In course of time a desire for representative institutions sprang up among the English settlers. During all these years they had lived under the despotic sway of a Governor and Council appointed by the Crown. They alone among Englishmen were without part in their own government, and they wished the odious distinction to cease. 1773 A.D. They petitioned for the House of Assembly which the King had promised them ten years before, and for the permanent establishment of English law among them. The French were not sufficiently instructed to care for representative government, but they earnestly desired the restoration of the laws which had been so hastily abolished after the conquest.

It was during a season of anxiety and apprehension that these conflicting opinions were pressed upon the attention of the British Government. The differences which had arisen between England and her American colonies were evidently now incapable of settlement otherwise than by the sword. The men of Boston had already thrown into their harbour the cargoes of taxed tea which England sought to force upon them.

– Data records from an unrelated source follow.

-- ===== src/Workspace/Order/Ready.antt =====
-- Where no member depends on itself through others, some member is always ready.
use jrs.Prelude.{
  ℕ, zero, suc, true, false, ◌==◌, nat_eq, some, List, ◌∷◌, [], all, length, get_or, ◌+◌, ◌≤◌, ◌<◌,
  ◌≡◌, refl, arith, All, Bool-cases, inl, inr, ◌⊎◌,
}
use jrs.Workspace.{Member, modules_of}
use jrs.Workspace.Order.{Done, ready, next_from}
use jrs.Resolve.Classpath.{Classpath}

-- Each member is ranked above what it depends on, and that is in the workspace.
abbrev pub IsRanked : List Member → (ℕ → ℕ) → Type 0
IsRanked members rank =
    (i : ℕ)
    → All (λ (e : ℕ × Classpath). (e.0 < length members) × (rank e.0 < rank i))
        (modules_of members i)

module _ (members : List Member) (rank : ℕ → ℕ) where
  waits_for :
      (finished : Done) (i : ℕ) (es : List (ℕ × Classpath))
      → All (λ (e : ℕ × Classpath). (e.0 < length members) × (rank e.0 < rank i)) es
      → (all (λ (e : ℕ × Classpath). get_or finished e.0 false) es ≡ true)
        ⊎ ((j : ℕ) × (j < length members) × (rank j < rank i) × (get_or finished j false ≡ false))
  waits_for finished i [] h = inl refl
  waits_for finished i (e ∷ es) ((bound, lower), h) =
      elim (Bool-cases (get_or finished e.0 false)) [
        | inr waiting ↦ inr (e.0, bound, lower, waiting)
        | inl finished_it ↦ elim (waits_for finished i es h) [
          | inl rest ↦ inl (rw finished_it rest)
          | inr found ↦ inr found
        ]
      ]

  pub some_ready :
      (finished : Done) (r i : ℕ)
      → IsRanked members rank
      → i < length members
      → rank i < r
      → get_or finished i false ≡ false
      → (j : ℕ) × (j < length members) × (ready members finished j ≡ true)
  some_ready finished zero i ranked bound h waiting = absurd (omega (arith, h))
  some_ready finished (suc r) i ranked bound h waiting =
      elim (waits_for finished i (modules_of members i) (ranked i)) [
        | inl met ↦ (i, bound, rw (waiting, met) refl)
        | inr (j, bound', lower, waiting') ↦
            some_ready finished r j ranked bound' (omega (arith, h, lower)) waiting'
      ]

pub next_from_finds :
    (members : List Member) (finished : Done) (from n j : ℕ)
    → from ≤ j
    → j < from + n
    → ready members finished j ≡ true
    → (k : ℕ) × (next_from members finished from n ≡ some k)
      × (k < from + n)
      × (ready members finished k ≡ true)
unfolding next_from
next_from_finds members finished from zero j a b h = absurd (omega (arith, a, b))
next_from_finds members finished from (suc n) j a b h =
    elim (Bool-cases (ready members finished from)) [
      | inl now ↦ (from, rw now refl, omega arith, now)
      | inr later ↦ elim (Bool-cases (from == j)) [
        | inl same ↦ absurd (ground (arith, later, h, same))
        | inr other ↦
            let (k, found, bound, is_ready) =
              next_from_finds members finished (from + 1) n j (ground (arith, a, other))
                (omega (arith, b)) h in
            (k, rw (later, found) refl, omega (arith, bound), is_ready)
      ]
    ]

All over New England men were hastening to obtain muskets and to accomplish themselves in military drill. A strong English force, which was being steadily increased, held Boston, and waited for the expected strife. In view of impending war, it was the desire of the English Government to satisfy Canada, and gain such support as she was able to afford. The great mass of the Canadians were Frenchmen and Roman Catholics.17 It was not doubted that in course of years men who were English and Protestant would form the population of Canada. But the danger was present and urgent, and it must be met by conciliating the men who now formed that population. 1774 A.D. An Act was passed by which the Proclamation of 1763 was repealed. The Roman Catholic religion was set free from legal disability, and reinstated in its right to exact tithes and other dues from all persons who owned its sway. French civil law was reimposed, but the barbarous criminal code of England was set up in preference to the milder system of France. The House of Assembly was still denied, and the province – extended now to the Ohio and the Mississippi – was to be ruled by a Governor and Council appointed by the Crown, one-third of the Council being composed of French Canadians. This was the Quebec Act, under which Canada was governed for the next seventeen years. It inflicted many evils upon the colony, but it served well the immediate purpose for which it was intended. It satisfied the old settlers, and held them firmly to the side of England during the years of war which England vainly waged against her alienated children.

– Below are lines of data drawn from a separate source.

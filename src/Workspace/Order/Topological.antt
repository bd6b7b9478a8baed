-- ===== src/Workspace/Order/Topological.antt =====
-- The order of Kahn's algorithm.
use jrs.Prelude.{
  subst, ℕ, zero, suc, true, false, nat_eq, List, ◌∷◌, [], all, if◌then◌else◌, length, get_or, set,
  replicate, ◌+◌, ◌<◌, ◌≡◌, refl, ap, sym, ◌∙◌, arith, length-set, length-replicate,
}
use jrs.Workspace.{Member, modules_of}
use jrs.Workspace.Order.{Done, next_from, or_first, kahn, order_of}
use jrs.Workspace.Order.Ready.{IsRanked, some_ready, next_from_finds}
use jrs.Resolve.Classpath.{Classpath}

-- How many members are not done.
left_of : Done → ℕ
left_of [] = 0
left_of (b ∷ bs) = (if b then 0 else 1) + left_of bs

left_of-set :
    (finished : Done) (i : ℕ)
    → i < length finished
    → get_or finished i false ≡ false
    → suc (left_of (set finished i true)) ≡ left_of finished
unfolding left_of
left_of-set [] i h e = absurd (omega (arith, h))
left_of-set (b ∷ bs) zero h e = ground (arith, e)
left_of-set (b ∷ bs) (suc i) h e = omega (arith, left_of-set bs i (omega (arith, h)) e)

some_left :
    (finished : Done)
    → 0 < left_of finished
    → (i : ℕ) × (i < length finished) × (get_or finished i false ≡ false)
unfolding left_of
some_left [] h = absurd (omega (arith, h))
some_left (false ∷ bs) h = (0, omega arith, refl)
some_left (true ∷ bs) h =
    let (i, bound, e) = some_left bs (omega (arith, h)) in (suc i, omega (arith, bound), e)

left_of-replicate : (n : ℕ) → left_of (replicate n false) ≡ n
unfolding left_of
left_of-replicate zero = refl
left_of-replicate (suc n) = omega (arith, left_of-replicate n)

-- An order in which each member is there once, behind all that it depends on; `finished` says what
-- comes before.
abbrev pub IsBuildOrder : List Member → Done → List ℕ → Type 0
IsBuildOrder members finished [] = Unit
IsBuildOrder members finished (i ∷ rest) =
    (i < length members)
    × (get_or finished i false ≡ false)
    × (all (λ (e : ℕ × Classpath). get_or finished e.0 false) (modules_of members i) ≡ true)
    × IsBuildOrder members (set finished i true) rest

kahn-IsBuildOrder :
    (members : List Member) (rank : ℕ → ℕ) (left : ℕ) (finished : Done)
    → IsRanked members rank
    → length finished ≡ length members
    → left_of finished ≡ left
    → IsBuildOrder members finished (kahn left members finished)
unfolding kahn
kahn-IsBuildOrder members rank zero finished ranked size e = tt
kahn-IsBuildOrder members rank (suc left) finished ranked size e =
    let (i, bound, waiting) = some_left finished (omega (arith, e)) in
    let (j, bound', now) =
      some_ready members rank finished (suc (rank i)) i ranked (omega (arith, bound, size))
        (omega arith) waiting in
    let (k, found, less, is_ready) =
      next_from_finds members finished 0 (length members) j (omega arith) (omega (arith, bound'))
        now in
    let inside : k < length members = omega (arith, less) in
    let new : get_or finished k false ≡ false = ground (arith, is_ready) in
    let next = or_first (next_from members finished 0 (length members)) in
    let is_next : k ≡ next = sym (ap or_first found) in
    subst (λ n. IsBuildOrder members finished (n ∷ kahn left members (set finished n true))) is_next
      (
        inside,
        new,
        ground (arith, is_ready),
        kahn-IsBuildOrder members rank left (set finished k true) ranked
            (length-set finished k true ∙ size)
            (omega (arith, e, left_of-set finished k (omega (arith, inside, size)) new)),
      )

length-kahn :
    (members : List Member) (left : ℕ) (finished : Done)
    → length (kahn left members finished) ≡ left
unfolding kahn
length-kahn members zero finished = refl
length-kahn members (suc left) finished = ap suc (length-kahn members left _)

-- Where the members can be ranked above what they depend on, so that there is no cycle, the order
-- has as many entries as there are members, and each is a member that no earlier entry is and all
-- of whose modules are earlier entries.
pub order_of-IsBuildOrder :
    (members : List Member) (rank : ℕ → ℕ)
    → IsRanked members rank
    → IsBuildOrder members (replicate (length members) false) (order_of members)
      × (length (order_of members) ≡ length members)
unfolding order_of
order_of-IsBuildOrder members rank ranked = (
  kahn-IsBuildOrder members rank (length members) (replicate (length members) false) ranked
      (length-replicate (length members) false) (left_of-replicate (length members)),
  length-kahn members (length members) (replicate (length members) false),
)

Thus far the affairs of the colonies had been administered by the Board of Trade. The administration had been negligent; for the greatness of the colonies was recent, and the importance of the interests involved was not yet fully appreciated. But the variance which was to cost England the greatest of her colonial possessions had already revealed itself. England was impressively reminded of the imperfections of her management, and of the urgent need of a better system. She set up a new but not a better system. 1774 A.D. A Colonial department of Government was created; a Colonial Secretary was appointed; an official regulation of colonial interests began, based upon imperfect knowledge – formal, restrictive, often unreasonable and irritating. For many years, until the growing strength of the colonies enabled them first to modify and then to overthrow it, this strict official government continued to discourage and impede settlements whose prime necessity was wide freedom of action.

16.Towards the close of her dominion in Canada, France expended about one million sterling on her unprofitable colony, mainly in building forts along the enormous line from Quebec to New Orleans, in order to shut in the English colonists.
17.According to the best estimates, the population of Canada at this time was composed of 100,00 °Catholics and 400 Protestants.